Word for word, copy out the records given below.

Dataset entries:
********************
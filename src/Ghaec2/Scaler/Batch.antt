-- ===== src/Ghaec2/Scaler/Batch.antt =====
-- The batch of a message against a description by filters: what each list of jobs holds.
mod Collect
use actionsspot.Prelude.{◌≡◌, ap, Bool, some, List, ◌∷◌, ◌++◌}
use mathlib.Core.List.{append_assoc, append-nil}
use actionsspot.Json.{Json}
use actionsspot.Effect.{Env, ok}
use actionsspot.Ghaec2.Types.{
  RunnerScaleSetStatistic, RunnerScaleSetMessage, decode_job_available, decode_job_started,
  decode_job_completed,
}
use actionsspot.Ghaec2.Scaler.Parse.{
  message_type_of, add_typed, add_available, add_started, add_completed, add_message, add_messages,
  batch_of, parse_message,
}
use actionsspot.Ghaec2.Scaler.Batch.Collect.{typed, collect, add_messages_lem}

module _ (env : Env) where
  -- Of a message of the batch's type with statistics and an array as its body, the lists are, in the
  -- batch's order, what decodes of the messages of each type; the rest of the batch is skipped.
  pub parse_message_collects :
      (msg : RunnerScaleSetMessage) (statistics : RunnerScaleSetStatistic) (js : List Json)
      → msg.message_type ≡ "RunnerScaleSetJobMessages"
      → msg.statistics ≡ some statistics
      → batch_of env msg.body ≡ ok js
      → parse_message env msg
        ≡ ok (record {
          statistics = statistics;
          jobs_started = collect (typed "JobStarted" (decode_job_started env.valid_time)) js;
          jobs_available = collect (typed "JobAvailable" decode_job_available) js;
          jobs_completed = collect (typed "JobCompleted" (decode_job_completed env.valid_time)) js;
        })
  unfolding parse_message
  parse_message_collects msg statistics js t st b =
      rw (t, st, b) (ap ok (add_messages_lem env js _))
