-- ===== src/Ghaec2/Tracker/Named.antt =====
-- Instances that stand under their own ids: what is deleted by its id is deleted by its key.
use actionsspot.Prelude.{
  String, ◌≡◌, refl, some, List, [], ◌∷◌, select, eq_iff, arith, Option-cases, inl, inr,
}
use actionsspot.Ghaec2.Tracker.{Instance, Instances, lookup, idle_ids, is_idle, passes}

-- Each instance stands under its own id.
abbrev pub Named : Instances → Type 0
Named [] = Unit
Named ((k, i) ∷ m) = (i.instance_id ≡ k) × Named m

-- The keys of the idle instances, in the order visited.
unfoldable pub idle_keys : List String → Instances → List String
unfolding lookup
idle_keys order m = select (λ k. passes is_idle (lookup k m)) order

lookup-Named :
    (k : String) (m : Instances) (i : Instance) → Named m → lookup k m ≡ some i → i.instance_id ≡ k
unfolding lookup
lookup-Named k [] i named found = ground (arith, found)
lookup-Named k ((j, x) ∷ m) i named found =
    ground (arith, eq_iff j k, named, lookup-Named k m i named.1)

pub idle_ids_lem :
    (order : List String) (m : Instances) → Named m → idle_ids order m ≡ idle_keys order m
unfolding idle_ids idle_keys
idle_ids_lem [] m named = refl
idle_ids_lem (k ∷ ks) m named = elim (Option-cases (lookup k m)) [
  | inl missing ↦ ground (arith, missing, idle_ids_lem ks m named)
  | inr (i, found) ↦ ground (arith, found, lookup-Named k m i named found, idle_ids_lem ks m named)
]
********************
EXERCISE RESULT =
filename src/Ghaec2/Scaler/Batch.antt
-- ===== src/Ghaec2/Scaler/Batch.antt =====
-- The batch of a message against a description by filters: what each list of jobs holds.
mod Collect
use actionsspot.Prelude.{◌≡◌, ap, Bool, some, List, ◌∷◌, ◌++◌}
use mathlib.Core.List.{append_assoc, append-nil}
use actionsspot.Json.{Json}
use actionsspot.Effect.{Env, ok}
use actionsspot.Ghaec2.Types.{
  RunnerScaleSetStatistic, RunnerScaleSetMessage, decode_job_available, decode_job_started,
  decode_job_completed,
}
use actionsspot.Ghaec2.Scaler.Parse.{
  message_type_of, add_typed, add_available, add_started, add_completed, add_message, add_messages,
  batch_of, parse_message,
}
use actionsspot.Ghaec2.Scaler.Batch.Collect.{typed, collect, add_messages_lem}

module _ (env : Env) where
  -- Of a message of the batch's type with statistics and an array as its body, the lists are, in the
  -- batch's order, what decodes of the messages of each type; the rest of the batch is skipped.
  pub parse_message_collects :
      (msg : RunnerScaleSetMessage) (statistics : RunnerScaleSetStatistic) (js : List Json)
      → msg.message_type ≡ "RunnerScaleSetJobMessages"
      → msg.statistics ≡ some statistics
      → batch_of env msg.body ≡ ok js
      → parse_message env msg
        ≡ ok (record {
          statistics = statistics;
          jobs_started = collect (typed "JobStarted" (decode_job_started env.valid_time)) js;
          jobs_available = collect (typed "JobAvailable" decode_job_available) js;
          jobs_completed = collect (typed "JobCompleted" (decode_job_completed env.valid_time)) js;
        })
  unfolding parse_message
  parse_message_collects msg statistics js t st b =
      rw (t, st, b) (ap ok (add_messages_lem env js _))
-- ===== src/Ghaec2/Tracker/Named.antt =====
-- Instances that stand under their own ids: what is deleted by its id is deleted by its key.
use actionsspot.Prelude.{
  String, ◌≡◌, refl, some, List, [], ◌∷◌, select, eq_iff, arith, Option-cases, inl, inr,
}
use actionsspot.Ghaec2.Tracker.{Instance, Instances, lookup, idle_ids, is_idle, passes}

-- Each instance stands under its own id.
abbrev pub Named : Instances → Type 0
Named [] = Unit
Named ((k, i) ∷ m) = (i.instance_id ≡ k) × Named m

-- The keys of the idle instances, in the order visited.
unfoldable pub idle_keys : List String → Instances → List String
unfolding lookup
idle_keys order m = select (λ k. passes is_idle (lookup k m)) order

lookup-Named :
    (k : String) (m : Instances) (i : Instance) → Named m → lookup k m ≡ some i → i.instance_id ≡ k
unfolding lookup
lookup-Named k [] i named found = ground (arith, found)
lookup-Named k ((j, x) ∷ m) i named found =
    ground (arith, eq_iff j k, named, lookup-Named k m i named.1)

pub idle_ids_lem :
    (order : List String) (m : Instances) → Named m → idle_ids order m ≡ idle_keys order m
unfolding idle_ids idle_keys
idle_ids_lem [] m named = refl
idle_ids_lem (k ∷ ks) m named = elim (Option-cases (lookup k m)) [
  | inl missing ↦ ground (arith, missing, idle_ids_lem ks m named)
  | inr (i, found) ↦ ground (arith, found, lookup-Named k m i named found, idle_ids_lem ks m named)
]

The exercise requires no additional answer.